Large-scale ocean cycles play a major role in determining when and where droughts strike. The El Niño-Southern Oscillation, or ENSO, is the most influential. During La Niña phases, the eastern Pacific cools, pulling moisture away from places like Ecuador, Peru, and the southeastern United States. El Niño shifts the pattern, bringing drought to Australia, Southeast Asia, and parts of southern Africa. These cycles don’t cause drought on their own, but they amplify existing vulnerabilities in regions that are already dry.

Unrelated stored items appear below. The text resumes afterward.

-- ===== src/Routers/Router/Table/Searching.antt =====
-- `MatchRoute` of src/piconaut/routers/router.cc on the view of the tree.
use mathlib.Core.Path.{fun_ext}
use piconaut.Prelude.{
  Str, true, false, Bool-cases, inl, inr, not, ◌&&◌, Option, none, some, List, [], ◌∷◌, Map, insert,
  ◌≡◌, refl, sym, ap, ◌∙◌, nat_eq, list_eq, str_iff, ◌==◌, if◌then◌else◌,
}
use piconaut.Routers.Node.{param_pattern, param_name, RouterNode, children, param_regex, find_child}
use piconaut.Routers.Router.{
  RouterMatchResult, braces, if_static, if_parameter, static_child, param_child, regex_match,
  no_match, match_parts,
}
use piconaut.Routers.Router.Walk.{walk}
use piconaut.Routers.Router.Shape.{IsShaped, IsShapedAt, child-IsShapedAt}
use piconaut.Routers.Router.Table.Naming.{
  naming, naming_here, naming_below, naming-child, captured_view,
}
use piconaut.Routers.Router.Table.{is_present, view, match_view, view_below, view-cons}

module _ {H : Type 0} where
  view_below_here : (o : Option (RouterNode H)) → is_present (view_below [] o) ≡ is_present o
  unfolding view walk
  view_below_here none = refl
  view_below_here (some n) = refl

  module _ (q : Str) (qs : List Str) (params : Map Str Str) where
    -- What the loop does at the parameter of a node, and at a node.
    abbrev after_param : Option (RouterNode H) → RouterMatchResult H × Map Str Str
    after_param none = (no_match, params)
    after_param (some next) = elim (regex_match q (param_regex next)) [
      | false ↦ (no_match, params)
      | true ↦ match_parts qs (insert (param_name next) q params) next
    ]

    abbrev after_static :
        Option (RouterNode H) → Option (RouterNode H) → RouterMatchResult H × Map Str Str
    after_static none b = after_param b
    after_static (some next) b = match_parts qs params next

    match_parts_cons :
        (n : RouterNode H)
        → match_parts (q ∷ qs) params n ≡ after_static (static_child q n) (param_child n)
    unfolding match_parts
    match_parts_cons n =
        elim (static_child q n)
          as (λ o.
            elim o [ some next ↦ match_parts qs params next | none ↦ after_param (param_child n) ]
            ≡ after_static o (param_child n)) [ none ↦ refl | some m ↦ refl ]

    -- Where the names of the part and of the parameters lead to, and what is captured there.
    abbrev chosen_view : Option (RouterNode H) → Option (RouterNode H) → RouterMatchResult H
    chosen_view o b =
        if is_present o && not (q == braces)
        then match_view qs (λ names. view_below names o)
        else if is_present b && regex_match q param_pattern
        then match_view qs (λ names. view_below names b)
        else no_match

    abbrev chosen_params : Option (RouterNode H) → Option (RouterNode H) → Map Str Str
    chosen_params o b =
        if is_present o && not (q == braces)
        then captured_view qs (λ names. view_below names o) (λ names. naming_below names o) params
        else if is_present b && regex_match q param_pattern
        then captured_view qs (λ names. view_below names b) (λ names. naming_below names b)
            (insert (naming_below [] b) q params)
        else params

    abbrev chosen :
        Option (RouterNode H) → Option (RouterNode H) → RouterMatchResult H × Map Str Str
    chosen o b = (chosen_view o b, chosen_params o b)

    module _ (n : RouterNode H) where
      match_view_cons :
          match_view (q ∷ qs) (view n)
          ≡ chosen_view (find_child q (children n)) (find_child braces (children n))
      unfolding match_view
      match_view_cons =
          rw
            (
              view-cons q [] n,
              view-cons braces [] n,
              fun_ext (λ names. view-cons q names n),
              fun_ext (λ names. view-cons braces names n),
              view_below_here (find_child q (children n)),
              view_below_here (find_child braces (children n)),
            )
            refl

      captured_view_cons :
          captured_view (q ∷ qs) (view n) (naming n) params
          ≡ chosen_params (find_child q (children n)) (find_child braces (children n))
      unfolding captured_view
      captured_view_cons =
          rw
            (
              view-cons q [] n,
              view-cons braces [] n,
              fun_ext (λ names. view-cons q names n),
              fun_ext (λ names. view-cons braces names n),
              view_below_here (find_child q (children n)),
              view_below_here (find_child braces (children n)),
              naming-child braces [] n,
              fun_ext (λ names. naming-child q names n),
              fun_ext (λ names. naming-child braces names n),
            )
            refl

    -- A search on the views of a tree.
    abbrev found : RouterNode H → Map Str Str → RouterMatchResult H × Map Str Str
    found n others = (match_view qs (view n), captured_view qs (view n) (naming n) others)

    chosen_of_param :
        (m : RouterNode H)
        → (if regex_match q param_pattern
            then found m (insert (param_name m) q params)
            else (no_match, params))
          ≡ chosen none (some m)
    chosen_of_param m = elim (Bool-cases (regex_match q param_pattern)) [
      | inl e ↦ rw (e, naming_here) refl
      | inr e ↦ rw e refl
    ]

    module _
        (ih : (others : Map Str Str) (n : RouterNode H)
          → IsShaped n
          → match_parts qs others n ≡ found n others) where
      after_param_patterned :
          (m : RouterNode H)
          → param_regex m ≡ param_pattern
          → IsShaped m
          → after_param (some m) ≡ (
              if regex_match q param_pattern
              then found m (insert (param_name m) q params)
              else (no_match, params))
      after_param_patterned m same s =
          ap
            (λ r. elim (regex_match q r) as (λ _. RouterMatchResult H × Map Str Str) [
              | false ↦ (no_match, params)
              | true ↦ match_parts qs (insert (param_name m) q params) m
            ])
            same
          ∙ elim (Bool-cases (regex_match q param_pattern)) [
            | inl e ↦ rw e (ih (insert (param_name m) q params) m s)
            | inr e ↦ rw e refl
          ]

      after_param_lem :
          (b : Option (RouterNode H))
          → IsShapedAt braces b
          → after_param (if_parameter b) ≡ chosen none b
      after_param_lem none j = refl
      after_param_lem (some m) j =
          let (kind, same) = j.0.as_parameter ((str_iff braces braces).1 refl) in
          rw kind (after_param_patterned m same j.1 ∙ chosen_of_param m)

      after_static_lem :
          (o b : Option (RouterNode H))
          → IsShapedAt q o
          → IsShapedAt braces b
          → after_static (if_static o) (if_parameter b) ≡ chosen o b
      after_static_lem none b i j = after_param_lem b j
      after_static_lem (some m) b i j = elim (Bool-cases (q == braces)) [
        | inl e ↦ rw (e, (i.0.as_parameter e).0) (after_param_lem b j)
        | inr e ↦ rw (e, i.0.as_static e) (ih params m i.1)
      ]

  -- The tree's search, on the view and the naming of a well-formed tree.
  pub match_parts-eq-match_view :
      (qs : List Str) (params : Map Str Str) (n : RouterNode H)
      → IsShaped n
      → match_parts qs params n
        ≡ (match_view qs (view n), captured_view qs (view n) (naming n) params)
  match_parts-eq-match_view [] params n s =
      unfold match_parts match_view captured_view view walk in refl
  match_parts-eq-match_view (q ∷ qs) params n s =
      match_parts_cons q qs params n
      ∙ after_static_lem q qs params (match_parts-eq-match_view qs) (find_child q (children n))
          (find_child braces (children n)) (child-IsShapedAt q n s) (child-IsShapedAt braces n s)
      ∙ λ i. (sym (match_view_cons q qs params n) i, sym (captured_view_cons q qs params n) i)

Rising global temperatures are layering additional stress on top of these natural patterns. Higher temperatures increase evaporation from soil and reservoirs, meaning that even if rainfall stays the same, the land effectively receives less usable water. The IPCC’s latest assessment found that every additional 0.5°C of global warming produces measurable increases in the intensity and frequency of agricultural and ecological droughts across multiple regions. Areas flagged for the steepest increases include western and central North America, the Mediterranean, southwestern and eastern southern Africa, Madagascar, and southern and eastern Australia.

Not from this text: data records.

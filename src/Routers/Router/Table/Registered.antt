-- ===== src/Routers/Router/Table/Registered.antt =====
-- The routes that `AddRoute` of src/piconaut/routers/router.cc has added to a fresh router, and what
-- `MatchRoute` makes of them.
use mathlib.Core.Path.{fun_ext}
use piconaut.Prelude.{
  ℕ, ◌≤◌, Str, length, Bool-cases, inl, inr, Option, List, [], ◌∷◌, Map, map, ◌≡◌, ◌∙◌, sym, All,
  nat_eq, list_eq, if◌then◌else◌,
}
use mathlib.Core.Path.{subst}
use piconaut.Errors.{Error}
use piconaut.Utils.Strings.{npos}
use piconaut.Utils.Strings.Split.{split}
use piconaut.Routers.Pattern.{is_valid_route}
use piconaut.Routers.Node.{RouterNode}
use piconaut.Routers.Router.{Router, new_router, normalized_part, add_parts, add_route, match_route}
use piconaut.Routers.Router.Paths.{add_route_valid, add_route_invalid, match_route_lem}
use piconaut.Routers.Router.Shape.{IsShaped, new_node-IsShaped, add_parts-IsShaped}
use piconaut.Routers.Router.Table.{View, Row, view, with_row, table, match_view}
use piconaut.Routers.Router.Table.Adding.{view_of_new, with_row_at, view-add_parts}
use piconaut.Routers.Router.Table.Naming.{
  Naming, with_names, with_names_at, naming_of, naming, naming_of_new, naming-add_parts,
  captured_view,
}
use piconaut.Routers.Router.Table.Searching.{match_parts-eq-match_view}

-- The names of the nodes of a path.
abbrev pub shape_of : Str → List Str
shape_of path = map normalized_part (split b'/' path)

-- A call of `AddRoute`: key, path, handler.
abbrev pub Added : Type 0 → Type 0
Added H = ℕ × Str × H

module _ {H : Type 0} where
  -- The router after the calls, the last one first.
  abbrev pub add_routes : List (Added H) → Router H
  add_routes [] = new_router
  add_routes ((k, path, h) ∷ routes) = (add_route k path h (add_routes routes)).0

  -- The rows of the routes whose paths are valid.
  abbrev pub rows : List (Added H) → List (Row H)
  rows [] = []
  rows ((k, path, h) ∷ routes) =
      if is_valid_route path then (shape_of path, k, h) ∷ rows routes else rows routes

  -- Their parts.
  abbrev pub ways : List (Added H) → List (List Str)
  ways [] = []
  ways ((k, path, h) ∷ routes) =
      if is_valid_route path then split b'/' path ∷ ways routes else ways routes

  abbrev pub FitsIn : Added H → Type 0
  FitsIn (k, path, h) = length path ≤ npos

  -- A well-formed tree, its view and its naming.
  pub record Holds (v : View H) (w : Naming) (n : RouterNode H) : Type 0 where
    pub shaped : IsShaped n
    pub viewed : (names : List Str) → view n names ≡ v names
    pub named : (names : List Str) → naming n names ≡ w names

  add_parts-Holds :
      (parts : List Str) (k : ℕ) (h : H) (v : View H) (w : Naming) (n : RouterNode H)
      → Holds v w n
      → Holds
          (with_row (map normalized_part parts, k, h) v)
          (with_names parts w)
          (add_parts parts k h n)
  add_parts-Holds parts k h v w n before = record {
    shaped = add_parts-IsShaped k h parts n before.shaped;
    viewed = λ names.
        view-add_parts parts k h n names
        ∙ with_row_at (map normalized_part parts, k, h) (view n) v names (before.viewed names);
    named = λ names.
        naming-add_parts parts k h n names
        ∙ with_names_at parts (naming n) w names (before.named names);
  }

  pub add_routes-Holds :
      (routes : List (Added H))
      → All FitsIn routes
      → Holds (table (rows routes)) (naming_of (ways routes)) (add_routes routes).root
  add_routes-Holds [] f = record {
    shaped = new_node-IsShaped H;
    viewed = view_of_new;
    named = naming_of_new H;
  }
  add_routes-Holds ((k, path, h) ∷ routes) (f, fs) =
      let before = add_routes-Holds routes fs in
      elim (Bool-cases (is_valid_route path)) [
        | inl e ↦ rw e (
            subst
              (λ (r : Router H × Option Error).
                Holds (with_row (shape_of path, k, h) (table (rows routes)))
                  (with_names (split b'/' path) (naming_of (ways routes))) r.0.root)
              (sym (add_route_valid path f e k h (add_routes routes)))
              (add_parts-Holds (split b'/' path) k h _ _ (add_routes routes).root before))
        | inr e ↦ rw e (
            subst
              (λ (r : Router H × Option Error).
                Holds (table (rows routes)) (naming_of (ways routes)) r.0.root)
              (sym (add_route_invalid k path h (add_routes routes) e)) before)
      ]

  -- The router is a flat table of its routes: after any calls of add_route on a fresh router, with
  -- paths no longer than npos, valid or not, match_route finds for a request no longer than npos
  -- what match_view finds in the table of the valid paths: at each row of names the key and the
  -- handler of the last route with these names, and an empty entry on the way to a route; and
  -- params gains what captured_view captures, each part under the name that the last route on that
  -- way has given the parameter.
  pub match_route-add_routes :
      (routes : List (Added H)) (request : Str) (params : Map Str Str)
      → All FitsIn routes
      → length request ≤ npos
      → match_route request params (add_routes routes) ≡ (
        match_view (split b'/' request) (table (rows routes)),
        captured_view (split b'/' request) (table (rows routes)) (naming_of (ways routes)) params,
      )
  match_route-add_routes routes request params f fits =
      let held = add_routes-Holds routes f in
      let seen = fun_ext held.viewed in
      let called = fun_ext held.named in
      match_route_lem request params (add_routes routes) fits
      ∙ match_parts-eq-match_view (split b'/' request) params (add_routes routes).root held.shaped
      ∙ λ i. (
        match_view (split b'/' request) (seen i),
        captured_view (split b'/' request) (seen i) (called i) params,
      )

The Mediterranean and Southern Europe
The Mediterranean basin is projected to be one of the fastest-drying regions in the world over the coming decades. Southern Spain, Italy, Greece, Turkey, and North Africa already experience hot, rainless summers, and winter rainfall, the season these areas depend on to recharge reservoirs and groundwater, has been declining. The IPCC projects increases in both the frequency and severity of agricultural drought across the Mediterranean with medium to high confidence. Parts of southern Europe are warming at roughly 1.5 to 2 times the global average rate during their hottest periods, accelerating soil moisture loss.
South America’s Vulnerable Zones
Brazil’s northeast, one of the most densely populated semi-arid regions in the world, has a long history of devastating droughts. The South American Monsoon region is also projected to see some of the highest increases in extreme heat, at 1.5 to 2 times the global warming rate, which compounds drought severity even during years with near-normal rainfall. Southwestern South America, including central Chile and western Argentina, has experienced a prolonged dry spell since roughly 2010 that mirrors the megadrought dynamics seen in the American West.
Half of the world’s 100 largest cities now sit in high water stress areas, a measure of how much available freshwater is being consumed relative to supply. The cities most at risk tend to cluster in exactly the regions outlined above: the Middle East, South Asia, sub-Saharan Africa, and the drier parts of the Americas. As these metropolitan areas continue to grow, the gap between water demand and drought-reduced supply is narrowing in ways that affect not just agriculture but the daily lives of hundreds of millions of urban residents.